With one cancer, you can find a ribbon to support you, a group of people like you with the cancer, and you can all bond with each other. Or you find a group of people have had a single cancer and you all can talk about the joys of treatment. But with a second cancer, you become an outlier. Most people only get one cancer. The multiple diagnoses are much fewer.

This is starting to change. New research (because we always need more research) shows that one in five cancer diagnoses are second cancers. In the 1970s only 9% of cancer diaganoses were second cancers. There are many reasons for this:

"About 19 percent of cancers in the United States now are second-or-more cases, a recent study found. In the 1970s, it was only 9 percent. Over that period, the number of first cancers rose 70 percent while the number of second cancers rose 300 percent.

Strange as it may sound, this is partly a success story: More people are surviving cancer and living long enough to get it again, because the risk of cancer rises with age."

So since I was young to get my first cancer, before age 20, and young to get my second cancer, before age 50, am I doomed to get more cancers? But at least it won't be as lonely as this second cancer rate continues to rise.

Aug 23, 2016

Who is with me on this?

I was totally disgusted but also happy when I read this article about this moron oncologist, Farid Fata, who told over 500 patients they had cancer and treated them unnecessarily. Or even if they had cancer, they continued to receive chemo long after they were in remission. The result? Hundreds of people with lasting health issues and even some deaths. Then I found this article with more background.

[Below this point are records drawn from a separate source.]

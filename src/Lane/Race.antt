-- ===== src/Lane/Race.antt =====
-- `add --now` during the creation of a normal job's process (src/queuer/daemon.py).
use custom_queuer.Prelude.{
  Option, arith, elem, false, false≢true, none, refl, some, true, ℕ, ◌||◌, ◌≡◌,
}
use custom_queuer.Tables.{Conn, Job, get_job, ok}
use custom_queuer.Queue.{get_queue_head}
use custom_queuer.Lifecycle.{mark_running}
use custom_queuer.Lane.{Lane, ensure_priority_worker, freeze_current_if_normal, take_slot}
use custom_queuer.Lane.Steps.{
  KeepsRow, Reach, State, TaskStep, absent, add_now, here, is_starting, job_of_task, next,
  normal_starts, or_looking, priority_picks, priority_starts, running_job, starting,
}
use custom_queuer.Lane.Exclusive.{RunsOn}

-- The normal worker awaits the creation of a job's process, so the slot is empty.
pub record IsCreating (s : State) (job_id : ℕ) : Type 0 where
  pub normal_starting : s.normal ≡ starting job_id
  pub no_priority : s.priority ≡ absent
  pub going : s.lane.stopping ≡ false
  pub no_current : s.lane.current_job ≡ none

KeepsRow_refl : (c : Conn) (o : Option ℕ) → KeepsRow c c o
KeepsRow_refl c none = tt
KeepsRow_refl c (some job_id) = refl

freeze_nothing :
    (lane : Lane) (c : Conn)
    → lane.current_job ≡ none
    → freeze_current_if_normal false lane c ≡ (ok lane, c)
unfolding freeze_current_if_normal
freeze_nothing lane c h = ground arith

-- While the process of a normal job is being created, `add --now` freezes nothing and starts the
-- priority lane; once both processes exist, both run, and none of them is being killed.
pub both_run :
    (channel now job_id proc other_proc : ℕ) (s : State) (k : Job) (c c' : Conn)
    → IsCreating s job_id
    → get_queue_head s.conn.tables channel true ≡ some k
    → get_job s.conn.tables k.id ≡ some k
    → mark_running now job_id proc proc s.conn ≡ (ok tt, c)
    → mark_running now k.id other_proc other_proc c ≡ (ok tt, c')
    → elem proc s.dead || elem proc s.lane.halted || elem job_id s.lane.cancelled ≡ false
    → elem other_proc s.dead || elem other_proc s.lane.halted || elem k.id s.lane.cancelled ≡ false
    → (t : State) × Reach channel s t
      × (t.lane.stopping ≡ false)
      × RunsOn t t.normal
      × RunsOn t t.priority
unfolding ensure_priority_worker take_slot
both_run channel now job_id proc other_proc s k c c' h head found starts others fresh fresh' = (
  _,
  next (next (next (next here added) picked) started) ran,
  ground arith,
  ground arith,
  ground arith,
)
  where
    s₁ : State
    s₁ = record s {
      lane = ensure_priority_worker s.lane;
      priority = or_looking s.lane.stopping s.priority;
      raced = s.raced || is_starting s.normal;
    }

    added : TaskStep channel s s₁
    added =
        add_now false s.conn s.conn s.lane
          (record {
            normal_row = KeepsRow_refl s.conn (job_of_task s.normal);
            priority_row = KeepsRow_refl s.conn (job_of_task s.priority);
          })
          (λ i p target gone. absurd (false≢true gone)) (freeze_nothing s.lane s.conn h.no_current)

    picked : TaskStep channel s₁ (record s₁ { priority = starting k.id })
    picked =
        priority_picks k (ground (arith, h.no_priority, h.going)) (ground (arith, h.going)) head
          found

    s₂ : State
    s₂ = record s₁ { priority = starting k.id }

    s₃ : State
    s₃ = record s₂ {
      conn = c;
      lane = take_slot job_id proc s₂.lane;
      normal = running_job job_id proc;
    }

    started : TaskStep channel s₂ s₃
    started = normal_starts now job_id proc c h.normal_starting starts

    ran : TaskStep channel s₃ (record s₃ {
      conn = c';
      lane = take_slot k.id other_proc s₃.lane;
      priority = running_job k.id other_proc;
    })
    ran = priority_starts now k.id other_proc c' refl others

He also over billed Medicare and insurance companies for millions of dollars as patients received over 9,000 injections or infusions. Some received unnecessary chemo for over five years.

The only thing more despicable than people who claim they have cancer and don't to raise money for themselves, are doctors who mistreat patients like this.
I just want to get in line with all these other patients and smack him in the face for his lack of morals and crimes.Who is with me on this?

Sep 11, 2015

Low risk 'cancers'

So is it cancer or not? Sometimes they can't tell. For example which cases of DCIS will go on to turn into a potentially fatal breast cancer. Or which cases of thyroid lesions will actually grow into thyroid cancer? There is a growing epidemic of new cases of thyroid cancer and the question is which cases that are discovered will actually turn into cancer that could be fatal and which will not.

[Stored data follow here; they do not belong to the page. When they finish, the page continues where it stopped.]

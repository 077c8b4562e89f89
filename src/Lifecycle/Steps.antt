-- ===== src/Lifecycle/Steps.antt =====
-- Which changes of status the functions of src/queuer/db.py make.
use mathlib.Core.Option
use custom_queuer.Prelude.{if◌then◌else◌, refl, subst, true, ℕ, ◌==◌, ◌∙◌, ◌≡◌}
use custom_queuer.Tables.{
  Conn, Job, Result, get_job, get_job-unlock, get_job-update_job, guard-eq-ok, is_queued, ok,
}
use custom_queuer.Lifecycle.{mark_running, run_row, status_is}

-- A job is started only from the queue, and the other jobs are as they were.
pub mark_running_lem :
    (now job_id pid pgid other : ℕ) (c c' : Conn)
    → mark_running now job_id pid pgid c ≡ (ok tt, c')
    → (status_is is_queued (get_job c.tables job_id) ≡ true)
      × (get_job c'.tables other ≡ (
          if other == job_id
          then Option.map (run_row now pid pgid) (get_job c.tables other)
          else get_job c.tables other))
unfolding mark_running
mark_running_lem now job_id pid pgid other c c' e =
    let (status, h) = guard-eq-ok (status_is is_queued (get_job c.tables job_id)) _ _ c e in
    (
      status,
      subst
          (λ (x : Result (Unit {0}) × Conn). get_job x.1.tables other ≡ (
            if other == job_id
            then Option.map {A = Job} (run_row now pid pgid) (get_job c.tables other)
            else get_job c.tables other))
          h
          (get_job-unlock job_id other _ ∙ get_job-update_job _ job_id other c.tables (λ j. refl)),
    )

So what do you do? A lot of people fear the word cancer so much they just want it out of their body. One school of thought for the thyroid lesions that should not become a problem is to rename them "papillary lesions of indolent course". That just sounds so 'benign'.....

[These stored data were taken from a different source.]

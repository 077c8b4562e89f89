-- ===== src/LogClean.antt =====
-- Which job logs may be deleted: `plan` of src/queuer/logclean.py. The directory listing with each
-- file's stat is an argument, and no path comes twice in it. Times are in microseconds.
pub mod Fits
pub mod Limit
pub mod Safe
use custom_queuer.Prelude.{
  Bool, List, Option, [], exists, false, if◌then◌else◌, leb, ltb, map, negsuc, none, pos, select,
  some, true, ℕ, ℤ, ◌&&◌, ◌+◌, ◌-◌, ◌==◌, ◌||◌, ◌∷◌,
}
use custom_queuer.Tables.{Db, Job, Text, find_job, is_terminal, text_eq}

-- A `*.log` file: `int(log_file.stem)` and `log_file.stat()`, where they do not raise.
pub record LogFile : Type 0 where
  pub path : Text
  pub stem : Option ℤ
  pub stat : Option (ℕ × ℕ)

-- A job log that is counted, and the key it is sorted by, where it may be deleted.
pub record Counted : Type 0 where
  pub path : Text
  pub size : ℕ
  pub age : Option ℕ

pub record Candidate : Type 0 where
  pub ts : ℕ
  pub path : Text
  pub size : ℕ

-- jobs.get(job_id)
abbrev pub job_of : Db → ℤ → Option Job
job_of db (pos n) = find_job n db.jobs
job_of db (negsuc n) = none

-- The timestamp of a log that may go.
abbrev pub deletable_since : Option Job → ℕ → Option ℕ
deletable_since none mtime = some mtime
deletable_since (some j) mtime = if is_terminal j.status then j.outcome.finished_at else none

-- `continue` where the name is no id or the file is gone.
abbrev pub count_parsed : Db → Text → Option ℤ → Option (ℕ × ℕ) → Option Counted
count_parsed db path none stat = none
count_parsed db path (some job_id) none = none
count_parsed db path (some job_id) (some (size, mtime)) =
    some record { path = path; size = size; age = deletable_since (job_of db job_id) mtime }

unfoldable pub count_file : Db → LogFile → Option Counted
unfolding find_job
count_file db f = count_parsed db f.path f.stem f.stat

-- The order of (ts, str(path)).
abbrev pub leb_text : Text → Text → Bool
leb_text [] ys = true
leb_text (x ∷ xs) [] = false
leb_text (x ∷ xs) (y ∷ ys) = let rest = leb_text xs ys in ltb x y || (x == y && rest)

abbrev pub leb_candidate : Candidate → Candidate → Bool
leb_candidate a b = ltb a.ts b.ts || (a.ts == b.ts && leb_text a.path b.path)

unfoldable pub insert_candidate : Candidate → List Candidate → List Candidate
insert_candidate a [] = a ∷ []
insert_candidate a (b ∷ bs) =
    let rest = insert_candidate a bs in if leb_candidate a b then a ∷ b ∷ bs else b ∷ rest

unfoldable pub sort_candidates : List Candidate → List Candidate
unfolding insert_candidate
sort_candidates [] = []
sort_candidates (a ∷ as_) = insert_candidate a (sort_candidates as_)

abbrev pub add_counted : Option Counted → List Counted → List Counted
add_counted none rest = rest
add_counted (some f) rest = f ∷ rest

unfoldable pub counted_files : Db → List LogFile → List Counted
unfolding count_file
counted_files db [] = []
counted_files db (f ∷ fs) = add_counted (count_file db f) (counted_files db fs)

abbrev pub add_candidate : Counted → Option ℕ → List Candidate → List Candidate
add_candidate f none rest = rest
add_candidate f (some ts) rest = record { ts = ts; path = f.path; size = f.size } ∷ rest

unfoldable pub candidates : List Counted → List Candidate
candidates [] = []
candidates (f ∷ fs) = add_candidate f f.age (candidates fs)

unfoldable pub is_chosen : List Text → Text → Bool
unfolding exists text_eq
is_chosen chosen path = exists (text_eq path) chosen

-- sum(size for f, size in sizes.items() if f not in chosen)
unfoldable pub total_left : List Text → List Counted → ℕ
unfolding is_chosen
total_left chosen [] = 0
total_left chosen (f ∷ fs) = (if is_chosen chosen f.path then 0 else f.size) + total_left chosen fs

-- The loop over `deletable`, up to its break. A difference below 0 would end it as 0 does.
unfoldable pub choose_more : ℕ → List Candidate → ℕ → List Text → List Text
unfolding is_chosen
choose_more max_bytes [] total chosen = chosen
choose_more max_bytes (f ∷ fs) total chosen =
    let kept = choose_more max_bytes fs total chosen in
    let more = choose_more max_bytes fs (total - f.size) (f.path ∷ chosen) in
    if leb total max_bytes then chosen else if is_chosen chosen f.path then kept else more

-- `ts < now - max_age`
abbrev pub is_old : ℕ → Option ℕ → Candidate → Bool
is_old now none f = false
is_old now (some max_age) f = ltb (f.ts + max_age) now

abbrev pub select_by_size :
    Option ℕ → List Counted → List Candidate → List Candidate → List Candidate
select_by_size none files deletable selected = selected
select_by_size (some max_bytes) files deletable selected =
    let paths = map (λ f. f.path) selected in
    let chosen = choose_more max_bytes deletable (total_left paths files) paths in
    select (λ f. is_chosen chosen f.path) deletable

unfoldable pub deletable_files : Db → List LogFile → List Candidate
unfolding counted_files candidates sort_candidates
deletable_files db files = sort_candidates (candidates (counted_files db files))

unfoldable pub plan : Db → List LogFile → Option ℕ → Option ℕ → ℕ → List Candidate
unfolding counted_files deletable_files total_left choose_more is_chosen select
plan db files max_age max_bytes now =
    let deletable = deletable_files db files in
    select_by_size max_bytes (counted_files db files) deletable
      (select (is_old now max_age) deletable)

So if the word 'cancer' is taken out of the discussion, active surveillance might be better. I mean why go through surgery, etc for something that doesn't require treatment?  "In many cases, active surveillance may be preferred over surgery by patients with small, relatively benign cancers that could take decades to grow to any appreciable size or cause life-threatening problems."

I have so many body parts currently under 'active surveillance' for multiple issues that I have lost count. I would be happy with that for additional body parts instead of surgery, chemo or radiation. This is much easier with thyroid cancer where the area can be easily ultrasounded and palpated to monitor growth. But not so much with DCIS where breast cancer can be much quicker to grow and harder to find.

Language can have a big impact on people's opinions of their diagnosis. The word cancer strikes fear into most people's brain. It paralyzes them, they are instantly going to die! But as more and more is learned about cancer, its detection, and treatment, maybe the best bet is to retrain our brains as to what will kill us and what won't.

An example is when AIDS was discovered it was instantly a terminal disease. Now people are living for decades with it and it is now chronic and not fatal. But the term AIDS still strikes fear into many but that is slowly calming.

I hope that the word 'cancer' also does not always strike fear into all as more and more of us are still around to talk about our diagnoses decades later.